Officials from President Donald Trump’s outgoing administration have again sought to portray China as a threat that needs to be dealt with — just weeks before President-elect Joe Biden takes over the White House.

Speaking at the Milken Institute Asia Summit on Thursday, U.S. Trade Representative Robert Lighthizer said one of Trump’s achievements over the last four years was that he showed there’s “a major issue” with China.

“This president realized that we had a trade system that has gone off the rails, that needed to be reset both in terms of what our objectives are, but also in terms of realizing that we have to deal with China as the biggest growing economy in the world and a very different system,” he said during a dialogue held virtually.

His comments followed that of Commerce Secretary Wilbur Ross, who said Tuesday at the same summit, that China remains the “principal military and economic threat” in Asia.

Lighthizer, known to be a China skeptic, said Chinese industrial policies have hurt the U.S. and other economies. He reiterated common complaints about China’s practices, such as subsidizing state-owned companies and forced transfer of technology from foreign firms to their Chinese partners.

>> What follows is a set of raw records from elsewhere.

-- ===== src/Sched/Laws.antt =====
-- The limiter as a pool of slots: what its clients rely on.
use isobox.Prelude.{
  Bool, Option, Option-cases, arith, if◌then◌else◌, inl, inr, ltb, none, refl, some, ℕ, ◌+◌, ◌-◌,
  ◌<◌, ◌∙◌, ◌≡◌, ◌≤◌,
}
use isobox.Sched.{Weighted, Limiter, new, acquire, release}

-- What a client sees of a limiter.
pub record Slots : Type 1 where
  pub State : Type 0
  pub take_slot : State → Bool → State × Bool
  pub give_slot : State → Option State
  pub held : State → ℕ
  pub ceiling : State → ℕ
  pub Good : State → Type 0
  pub good_bound : (s : State) → Good s → held s ≤ ceiling s
  pub take_good : (s : State) (freed : Bool) → Good s → Good (take_slot s freed).0
  pub take_held :
      (s : State) (freed : Bool)
      → Good s
      → held (take_slot s freed).0 ≡ (if (take_slot s freed).1 then held s + 1 else held s)
  pub take_ceiling : (s : State) (freed : Bool) → Good s → ceiling (take_slot s freed).0 ≡ ceiling s
  pub give_held :
      (s : State)
      → Good s
      → 0 < held s
      → (t : State) × (give_slot s ≡ some t)
        × Good t
        × (held t + 1 ≡ held s)
        × (ceiling t ≡ ceiling s)

module _ (w : Weighted) where
  -- The gauge agrees with the semaphore, whose size is the ceiling.
  pub record IsSound (l : Limiter w) : Type 0 where
    pub gauge : l.in_use ≡ w.holders l.sem
    pub sized : w.size l.sem ≡ l.max
    pub bounded : l.in_use ≤ l.max
    pub positive : 0 < l.max

  pub new-IsSound : (n : ℕ) → IsSound (new w n)
  unfolding new
  new-IsSound n =
      let ceiling : ℕ = if ltb n 1 then 1 else n in
      record {
        gauge = omega (arith, w.new_holders ceiling);
        sized = w.new_size ceiling;
        bounded = omega arith;
        positive = ground arith;
      }

  acquired-IsSound :
      (l : Limiter w) (freed : Bool) (s : w.Sem)
      → w.acquire_one l.sem freed ≡ some s
      → IsSound l
      → IsSound (record l { sem = s; in_use = l.in_use + 1 })
  acquired-IsSound l freed s e v =
      let (more, room, same) = w.acquire_takes l.sem s freed e in
      record {
        gauge = omega arith;
        sized = same ∙ v.sized;
        bounded = omega arith;
        positive = v.positive;
      }

  pub acquire-IsSound : (l : Limiter w) (freed : Bool) → IsSound l → IsSound (acquire w l freed).0
  unfolding acquire
  acquire-IsSound l freed v = elim (Option-cases (w.acquire_one l.sem freed)) [
    | inl e ↦ rw (e, acquire) v
    | inr (s, e) ↦ rw (e, acquire) (acquired-IsSound l freed s e v)
  ]

  pub acquire-in_use :
      (l : Limiter w) (freed : Bool)
      → ((acquire w l freed).0.in_use ≡ (if (acquire w l freed).1 then l.in_use + 1 else l.in_use))
        × ((acquire w l freed).0.max ≡ l.max)
  unfolding acquire
  acquire-in_use l freed = ground arith

  release-some :
      (l : Limiter w) (s : w.Sem)
      → w.release_one l.sem ≡ some s
      → release w l ≡ some (record l { sem = s; in_use = l.in_use - 1 })
  unfolding release
  release-some l s e = rw (e, release)

  -- While a slot is held, Release gives exactly one back and does not panic.
  pub release-IsSound :
      (l : Limiter w)
      → IsSound l
      → 0 < l.in_use
      → (t : Limiter w) × (release w l ≡ some t)
        × IsSound t
        × (t.in_use + 1 ≡ l.in_use)
        × (t.max ≡ l.max)
  release-IsSound l v h =
      let (s, e, fewer, same) = w.release_gives l.sem (omega arith) in
      (
        record l { sem = s; in_use = l.in_use - 1 },
        release-some l s e,
        record {
          gauge = omega arith;
          sized = same ∙ v.sized;
          bounded = omega arith;
          positive = v.positive;
        },
        omega arith,
        refl,
      )

  pub release_panics : (l : Limiter w) → IsSound l → l.in_use ≡ 0 → release w l ≡ none
  unfolding release
  release_panics l v h = rw (w.release_panics l.sem (omega arith), release)

  -- The limiter is such a pool.
  abbrev pub limiter_slots : Slots
  limiter_slots = record {
    State = Limiter w;
    take_slot = acquire w;
    give_slot = release w;
    held = λ l. l.in_use;
    ceiling = λ l. l.max;
    Good = IsSound;
    good_bound = λ l v. v.bounded;
    take_good = acquire-IsSound;
    take_held = λ l freed v. (acquire-in_use l freed).0;
    take_ceiling = λ l freed v. (acquire-in_use l freed).1;
    give_held = release-IsSound;
  }
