-- ===== src/Executor.antt =====
-- internal/executor/executor.go: the data that crosses the Executor interface. A float64 is a
-- value of an abstract type F; a Go string is a list of bytes; a map of environment variables is
-- an association list in some iteration order.
pub mod CapWriter
pub mod Shell
pub mod Gvisor
pub mod WarmPool
use isobox.Prelude.{Bool, Bytes, List, ℕ}

pub record Language : Type 0 where
  pub name : Bytes
  pub version : Bytes

pub record File : Type 0 where
  pub name : Bytes
  pub content : Bytes
  pub encoding : Bytes

pub record Mount : Type 0 where
  pub host_path : Bytes
  pub target : Bytes
  pub rw : Bool

-- `Limits`; a number that is not positive is 0 here, since the code never tells those apart.
pub record Limits (F : Type 0) : Type 0 where
  pub memory_bytes : ℕ
  pub cpus : F
  pub pids : ℕ
  pub output_bytes : ℕ
  pub wall_time_ms : ℕ
  pub compile_time_ms : ℕ

pub record Spec (F : Type 0) : Type 0 where
  pub lang : Language
  pub image : Bytes
  pub compile : List Bytes
  pub run : List Bytes
  pub workdir : Bytes
  pub env : List (Bytes × Bytes)
  pub scratch_exec : Bool
  pub scratch_mb : ℕ
  pub mounts : List Mount
  pub files : List File
  pub stdin : Bytes
  pub argv : List Bytes
  pub limits : Limits F
  pub network : Bool

-- `Result`
pub record Outcome : Type 0 where
  pub stdout : Bytes
  pub stderr : Bytes
  pub exit_code : ℕ
  pub timed_out : Bool
  pub oom_killed : Bool
  pub truncated : Bool
  pub duration_ms : ℕ
  pub compile_output : Bytes
  pub network : Bool
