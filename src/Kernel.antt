-- ===== src/Kernel.antt =====
-- internal/session/kernel.go: the engine that owns the long-lived kernel containers, its
-- configuration and its bookkeeping. A time is a number of nanoseconds; a duration that is not
-- positive is 0 here. A kernel's `dead` flag is the atomic of the source, and what docker is told
-- is a list of commands.
pub mod Laws
pub mod Exec
use isobox.Prelude.{
  Bool, Bytes, Bytes-discrete, List, [], if◌then◌else◌, length, lookup, ltb, map, none, remove,
  select, some, update, ℕ, ◌*◌, ◌-◌, ◌==◌, ◌^◌, ◌||◌, ◌∷◌,
}
use isobox.Prelude.Float.{Float64}
use isobox.Sched.Laws.{Slots}

-- `KernelConfig`; the zero value of a field asks for its default.
pub record KernelConfig (F : Type 0) : Type 0 where
  pub slots : ℕ
  pub memory_bytes : ℕ
  pub cpus : F
  pub pids : ℕ
  pub output_bytes : ℕ
  pub start_timeout : ℕ
  pub default_step_ms : ℕ
  pub max_step_ms : ℕ
  pub idle_ttl : ℕ
  pub max_lifetime : ℕ
  pub acquire_wait : ℕ

abbrev pub second : ℕ
second = 1_000_000_000

abbrev pub minute : ℕ
minute = 60 * second

abbrev pub hour : ℕ
hour = 60 * minute

-- The value, or the default where the value is 0.
abbrev pub default : ℕ → ℕ → ℕ
default v d = if v == 0 then d else v

-- `applyDefaults`
pub apply_defaults : {F : Type 0} → Float64 F → KernelConfig F → KernelConfig F
apply_defaults fl c = record {
  slots = default c.slots 6;
  memory_bytes = default c.memory_bytes (128 * 2 ^ 20);
  cpus = if fl.le c.cpus fl.zero then fl.one else c.cpus;
  pids = default c.pids 128;
  output_bytes = default c.output_bytes (64 * 2 ^ 10);
  start_timeout = default c.start_timeout (30 * second);
  default_step_ms = default c.default_step_ms 20_000;
  max_step_ms = default c.max_step_ms 60_000;
  idle_ttl = default c.idle_ttl (30 * minute);
  max_lifetime = default c.max_lifetime (4 * hour);
  acquire_wait = default c.acquire_wait (2 * second);
}

-- `kernel`: one resident container.
pub record Kernel : Type 0 where
  pub id : Bytes
  pub container : Bytes
  pub image : Bytes
  pub created_at : ℕ
  pub last_used : ℕ
  pub dead : Bool

-- The per-step deadline of Exec in milliseconds: the default for a value that is not positive,
-- then at most the ceiling, then at least one second.
pub step_deadline : {F : Type 0} → KernelConfig F → ℕ → ℕ
step_deadline cfg step_ms =
    let wanted : ℕ = if step_ms == 0 then cfg.default_step_ms else step_ms in
    let capped : ℕ = if ltb cfg.max_step_ms wanted then cfg.max_step_ms else wanted in
    if ltb capped 1000 then 1000 else capped

module _ (sl : Slots) (F : Type 0) where
  -- `KernelEngine`
  pub record Engine : Type 0 where
    pub cfg : KernelConfig F
    pub slots : sl.State
    pub kernels : List (Bytes × Kernel)

  -- The end of `NewKernel`: the ready kernel is entered under its session's id.
  pub enter : Engine → Kernel → Engine
  enter e k = record e { kernels = update Bytes-discrete k.id k e.kernels }

  -- `Destroy`: the engine, and the container that is removed.
  pub destroy : Engine → Bytes → Engine × List Bytes
  destroy e id = elim (lookup Bytes-discrete id e.kernels) [
    | none ↦ (e, [])
    | some k ↦ (record e { kernels = remove Bytes-discrete id e.kernels }, k.container ∷ [])
  ]

  -- The test of `Reap`: dead, idle past the limit or too old.
  pub is_doomed : KernelConfig F → ℕ → Kernel → Bool
  is_doomed cfg now k =
      k.dead || (ltb cfg.idle_ttl (now - k.last_used) || ltb cfg.max_lifetime (now - k.created_at))

  -- `delete(e.kernels, k.id)` for each kernel of the list.
  pub delete_all : List Kernel → List (Bytes × Kernel) → List (Bytes × Kernel)
  delete_all [] m = m
  delete_all (k ∷ ks) m = delete_all ks (remove Bytes-discrete k.id m)

  -- `Reap`: the engine, the containers that are removed and the ids that are returned.
  pub reap : Engine → ℕ → Engine × List Bytes × List Bytes
  reap e now =
      let snap = map (λ (p : Bytes × Kernel). p.1) e.kernels in
      let doomed = select (is_doomed e.cfg now) snap in
      (
        record e { kernels = delete_all doomed e.kernels },
        map (λ (k : Kernel). k.container) doomed,
        map (λ (k : Kernel). k.id) doomed,
      )

  -- `Count`
  pub count : Engine → ℕ
  count e = length e.kernels

  -- `DestroyAll`: the engine and the containers that are removed.
  pub destroy_all : Engine → Engine × List Bytes
  destroy_all e = (record e { kernels = [] }, map (λ (p : Bytes × Kernel). p.1.container) e.kernels)
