-- ===== src/Codes/Replies.antt =====
-- What `Send` and `Verify` of webook/internal/service/code.go promise of codes.
use weishu.Base.{ℕ, ◌≡◌, refl, true, false, none, some}
use weishu.Base.Int.{pos, negsuc}
use weishu.Codes.Service.{set_code_too_many, World, store, verify_stored, send, verify}

module _ {Text Key Outside : Type 0} (W : World Text Key Outside) where
  -- If the script that verifies takes every code that the other one has just stored, then a code that
  -- `Send` has stored and the SMS service has sent is taken by `Verify`.
  verify-send :
      (code : Text) (k : Key) (o : Outside)
      → ((c : Text) (k : Key) (n : ℕ)
          → (W.set_code c k).0 ≡ some (pos n)
          → (W.verify_code c (W.set_code c k).1).0 ≡ some (pos 0))
      → (n : ℕ) → (W.set_code code k).0 ≡ some (pos n)
      → (W.send_sms code o).0 ≡ false
      → let (e, s) = send W code k o in
        (e ≡ none) × (s.1 ≡ (W.send_sms code o).1) × ((verify W code s.0).0 ≡ (true, none))
  unfolding send store verify verify_stored
  verify-send code k o takes n stored sent =
      let back = takes code k n stored in
      (rw (stored, sent) refl, rw stored refl, rw (stored, back) refl)

  -- A code that is refused because of its predecessor is not sent, and too many attempts are told as a
  -- wrong code.
  refusals :
      (code : Text) (k : Key) (o : Outside)
      → (W.set_code code k).0 ≡ some (negsuc 0)
      → (W.verify_code code k).0 ≡ some (negsuc 0)
      → (send W code k o ≡ (some set_code_too_many, ((W.set_code code k).1, o)))
        × ((verify W code k).0 ≡ (false, none))
  unfolding send store verify verify_stored
  refusals code k o early often = (rw early refl, rw often refl)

Robert Lighthizer, U.S. trade representative, speaks during a Senate Finance Committee hearing in Washington, D.C., on June 18, 2019.

Andrew Harrer | Bloomberg | Getty Images

To be clear, other countries share U.S. concerns about China too. But the Trump administration has often preferred to confront Beijing unilaterally — denouncing dispute settlement organizations such as the World Trade Organization.

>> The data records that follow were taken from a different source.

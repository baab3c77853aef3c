-- ===== src/Codes/Tests.antt =====
-- Codes under a key that holds one code at most, and an SMS service that counts.
use weishu.Base.{ℕ, suc, ◌≡◌, refl, true, false, Option, none, some, ◌==◌, if◌then◌else◌}
use weishu.Base.Int.{pos, negsuc}
use weishu.Codes.Service.{World, set_code_too_many, unknown, store, verify_stored, send, verify}

abbrev one_code : World ℕ (Option ℕ) ℕ
one_code = record {
  set_code = λ c k. elim k [ none ↦ (some (pos 0), some c) | some d ↦ (some (negsuc 0), some d) ];
  verify_code = λ c k. elim k [
    | none ↦ (some (negsuc 1), none)
    | some d ↦ (some (if c == d then pos 0 else pos 7), some d)
  ];
  send_sms = λ c n. (false, suc n);
}

sent : send one_code 5 none 0 ≡ (none, (some 5, 1))
unfolding send store
sent = refl

too_early : send one_code 6 (some 5) 1 ≡ (some set_code_too_many, (some 5, 1))
unfolding send store
too_early = refl

taken : verify one_code 5 (some 5) ≡ ((true, none), some 5)
unfolding verify verify_stored
taken = refl

strange : verify one_code 6 (some 5) ≡ ((false, some unknown), some 5)
unfolding verify verify_stored
strange = refl
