-- ===== src/Comments.antt =====
-- Comments and their replies: webook/comment.
pub mod Dao
pub mod Repository
pub mod Server
pub mod Tree
pub mod Replies
mod Tests
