-- ===== src/Interactive/Dao.antt =====
-- webook/interactive/repository/dao/interactive.go. A statement that meets a fault changes nothing,
-- and a transaction with one is rolled back. The clock and the key of a new row are arguments, and so
-- is MySQL's comparison of two texts.
use weishu.Base.{
  ℕ, suc, ◌+◌, Bool, true, false, ◌&&◌, Option, none, some, List, [], ◌∷◌, ◌==◌, if◌then◌else◌,
  Outcome, returns, panics,
}
use weishu.Base.Int.{ℤ, pos, increment, decrement}

pub record UserLikeBiz (Text : Type 0) : Type 0 where
  pub id : ℕ
  pub uid : ℕ
  pub biz_id : ℕ
  pub biz : Text
  pub status : ℕ
  pub utime : ℕ
  pub ctime : ℕ

pub record UserCollectionBiz (Text : Type 0) : Type 0 where
  pub id : ℕ
  pub uid : ℕ
  pub biz_id : ℕ
  pub biz : Text
  pub cid : ℕ
  pub utime : ℕ
  pub ctime : ℕ

pub record Interactive (Text : Type 0) : Type 0 where
  pub id : ℕ
  pub biz_id : ℕ
  pub biz : Text
  pub read_cnt : ℕ
  pub like_cnt : ℤ
  pub collect_cnt : ℕ
  pub utime : ℕ
  pub ctime : ℕ

pub record Tables (Text : Type 0) : Type 0 where
  pub likes : List (UserLikeBiz Text)
  pub collections : List (UserCollectionBiz Text)
  pub counts : List (Interactive Text)

-- The comparison of two texts by the collation of the column, and that of Go and Redis.
pub record Collation (Text : Type 0) : Type 0 where
  pub same : Text → Text → Bool
  pub equal : Text → Text → Bool

pub data DbError : Type 0 where
  database record_not_found : DbError

pub data Answer (A : Type 0) : Type 0 where
  found : A → Answer A
  failed : DbError → Answer A

module _ {A : Type 0} where
  abbrev pub find_by : (A → Bool) → List A → Option A
  find_by p [] = none
  find_by p (r ∷ rows) = if p r then some r else find_by p rows

  -- `INSERT … ON DUPLICATE KEY UPDATE`, where `p` holds of the row with the key of `new`.
  abbrev pub upsert : (A → Bool) → (A → A) → A → List A → List A
  upsert p f new [] = new ∷ []
  upsert p f new (r ∷ rows) = if p r then f r ∷ rows else r ∷ upsert p f new rows

  -- `UPDATE … WHERE`
  abbrev pub update_where : (A → Bool) → (A → A) → List A → List A
  update_where p f [] = []
  update_where p f (r ∷ rows) = (if p r then f r else r) ∷ update_where p f rows

  abbrev pub filter_by : (A → Bool) → List A → List A
  filter_by p [] = []
  filter_by p (r ∷ rows) = let rest = filter_by p rows in if p r then r ∷ rest else rest

  abbrev pub first_of : Bool → Option A → Answer A
  first_of true r = failed database
  first_of false none = failed record_not_found
  first_of false (some r) = found r

abbrev pub is_in : ℕ → List ℕ → Bool
is_in i [] = false
is_in i (j ∷ js) = if i == j then true else is_in i js

module _ {Text : Type 0} (C : Collation Text) where
  abbrev pub is_at : Text → ℕ → Interactive Text → Bool
  is_at biz id r = C.same r.biz biz && r.biz_id == id

  abbrev pub likes_it : Text → ℕ → ℕ → UserLikeBiz Text → Bool
  likes_it biz id uid r = C.same r.biz biz && r.biz_id == id && r.uid == uid

  abbrev pub collects_it : Text → ℕ → ℕ → UserCollectionBiz Text → Bool
  collects_it biz id uid r = C.same r.biz biz && r.biz_id == id && r.uid == uid

  abbrev pub new_row : ℕ → ℕ → Text → ℕ → Interactive Text
  new_row now new_id biz id = record {
    id = new_id;
    biz_id = id;
    biz = biz;
    read_cnt = 0;
    like_cnt = pos 0;
    collect_cnt = 0;
    utime = now;
    ctime = now;
  }

  -- `IncrReadCnt`
  unfoldable pub incr_read_cnt :
      Bool → ℕ → ℕ → Text → ℕ → List (Interactive Text) → Option DbError × List (Interactive Text)
  incr_read_cnt fails now new_id biz id rows = if fails then (some database, rows) else (
    none,
    upsert (is_at biz id) (λ r. record r { read_cnt = r.read_cnt + 1; utime = now })
        (record (new_row now new_id biz id) { read_cnt = 1 }) rows,
  )

  -- `BatchIncrReadCnt`: one statement after another; `fails` and `new_id` say what becomes of each.
  -- An id that is missing panics.
  unfoldable pub batch_incr_read_cnt :
      (ℕ → Bool)
      → ℕ
      → (ℕ → ℕ)
      → ℕ
      → List Text
      → List ℕ
      → List (Interactive Text)
      → Outcome (Option DbError) × List (Interactive Text)
  batch_incr_read_cnt fails now new_id i [] ids rows = (returns none, rows)
  batch_incr_read_cnt fails now new_id i (biz ∷ bizs) [] rows = (panics, rows)
  batch_incr_read_cnt fails now new_id i (biz ∷ bizs) (id ∷ ids) rows =
      let (e, rows') = incr_read_cnt (fails i) now (new_id i) biz id rows in
      elim e [
        | none ↦ batch_incr_read_cnt fails now new_id (suc i) bizs ids rows'
        | some e' ↦ (returns (some e'), rows')
      ]

  -- A transaction keeps what its statements did only if it returns nil.
  commit_or :
      List (Interactive Text)
      → Outcome (Option DbError) × List (Interactive Text)
      → Outcome (Option DbError) × List (Interactive Text)
  commit_or old (returns none, rows) = (returns none, rows)
  commit_or old (returns (some e), rows) = (returns (some e), old)
  commit_or old (panics, rows) = (panics, old)

  -- `BatchIncrReadCntV1`: the same in one transaction.
  unfoldable pub batch_incr_read_cnt_v1 :
      (ℕ → Bool)
      → ℕ
      → (ℕ → ℕ)
      → List Text
      → List ℕ
      → List (Interactive Text)
      → Outcome (Option DbError) × List (Interactive Text)
  unfolding commit_or
  batch_incr_read_cnt_v1 fails now new_id bizs ids rows =
      commit_or rows (batch_incr_read_cnt fails now new_id 0 bizs ids rows)

  -- `InsertLikeInfo`, with the faults of its two statements.
  unfoldable pub insert_like_info :
      Bool → Bool → ℕ → ℕ → ℕ → Text → ℕ → ℕ → Tables Text → Option DbError × Tables Text
  insert_like_info like_fails count_fails now like_id new_id biz id uid d =
      if like_fails
      then (some database, d)
      else (if count_fails then (some database, d) else (
        none,
        record d {
          likes =
              upsert (likes_it biz id uid) (λ r. record r { utime = now; status = 1 })
                (record {
                  id = like_id;
                  uid = uid;
                  biz_id = id;
                  biz = biz;
                  status = 1;
                  utime = now;
                  ctime = now;
                })
                d.likes;
          counts =
              upsert (is_at biz id) (λ r. record r { like_cnt = increment r.like_cnt; utime = now })
                (record (new_row now new_id biz id) { like_cnt = pos 1 }) d.counts;
        },
      ))

  -- `DeleteLikeInfo`: its second statement runs whether or not the first one found a row.
  unfoldable pub delete_like_info :
      Bool → Bool → ℕ → Text → ℕ → ℕ → Tables Text → Option DbError × Tables Text
  delete_like_info like_fails count_fails now biz id uid d =
      if like_fails
      then (some database, d)
      else (if count_fails then (some database, d) else (
        none,
        record d {
          likes =
              update_where (likes_it biz id uid) (λ r. record r { utime = now; status = 0 })
                d.likes;
          counts =
              update_where (is_at biz id)
                (λ r. record r { like_cnt = decrement r.like_cnt; utime = now }) d.counts;
        },
      ))

  -- `InsertCollectionBiz`
  unfoldable pub insert_collection_biz :
      Bool → Bool → ℕ → ℕ → ℕ → UserCollectionBiz Text → Tables Text → Option DbError × Tables Text
  insert_collection_biz collect_fails count_fails now collect_id new_id cb d =
      if collect_fails
      then (some database, d)
      else (if count_fails then (some database, d) else (
        none,
        record d {
          collections =
              upsert (collects_it cb.biz cb.biz_id cb.uid) (λ r. record r { utime = now })
                (record cb {
                  id = if cb.id == 0 then collect_id else cb.id;
                  utime = now;
                  ctime = now;
                })
                d.collections;
          counts =
              upsert (is_at cb.biz cb.biz_id)
                (λ r. record r { collect_cnt = r.collect_cnt + 1; utime = now })
                (record (new_row now new_id cb.biz cb.biz_id) { collect_cnt = 1 }) d.counts;
        },
      ))

  -- `GetLikeInfo`, `GetCollectInfo`, `Get` and `GetByIds`
  unfoldable pub get_like_info : Bool → Text → ℕ → ℕ → Tables Text → Answer (UserLikeBiz Text)
  get_like_info fails biz id uid d =
      first_of fails (find_by (λ r. likes_it biz id uid r && r.status == 1) d.likes)

  unfoldable pub get_collect_info :
      Bool → Text → ℕ → ℕ → Tables Text → Answer (UserCollectionBiz Text)
  get_collect_info fails biz id uid d =
      first_of fails (find_by (collects_it biz id uid) d.collections)

  unfoldable pub get : Bool → Text → ℕ → Tables Text → Answer (Interactive Text)
  get fails biz id d = first_of fails (find_by (is_at biz id) d.counts)

  unfoldable pub get_by_ids : Bool → Text → List ℕ → Tables Text → Answer (List (Interactive Text))
  get_by_ids fails biz ids d =
      if fails
      then failed database
      else found (filter_by (λ r. C.same r.biz biz && is_in r.biz_id ids) d.counts)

The U.S. trade representative maintained that the Trump administration did work with allies. He said he’s been involved in a trilateral group of the U.S., Europe and Japan that met several times over the last four years to discuss issues such as WTO trade rules. But the U.S. can’t allow allies to “veto” decisions concerning U.S. national security, he added.

The U.S. under Trump has frequently imposed punitive policies on China based on national security grounds. Those policies include raising trade tariffs and restricting Chinese companies’ access to crucial American suppliers.

Many experts have disagreed with the way Trump has sought to address concerns about China.

Biden, too, has sought to differentiate his approach from Trump’s. The president-elect has said he would work with allies in Europe and Asia to come up with “a coherent strategy” on China.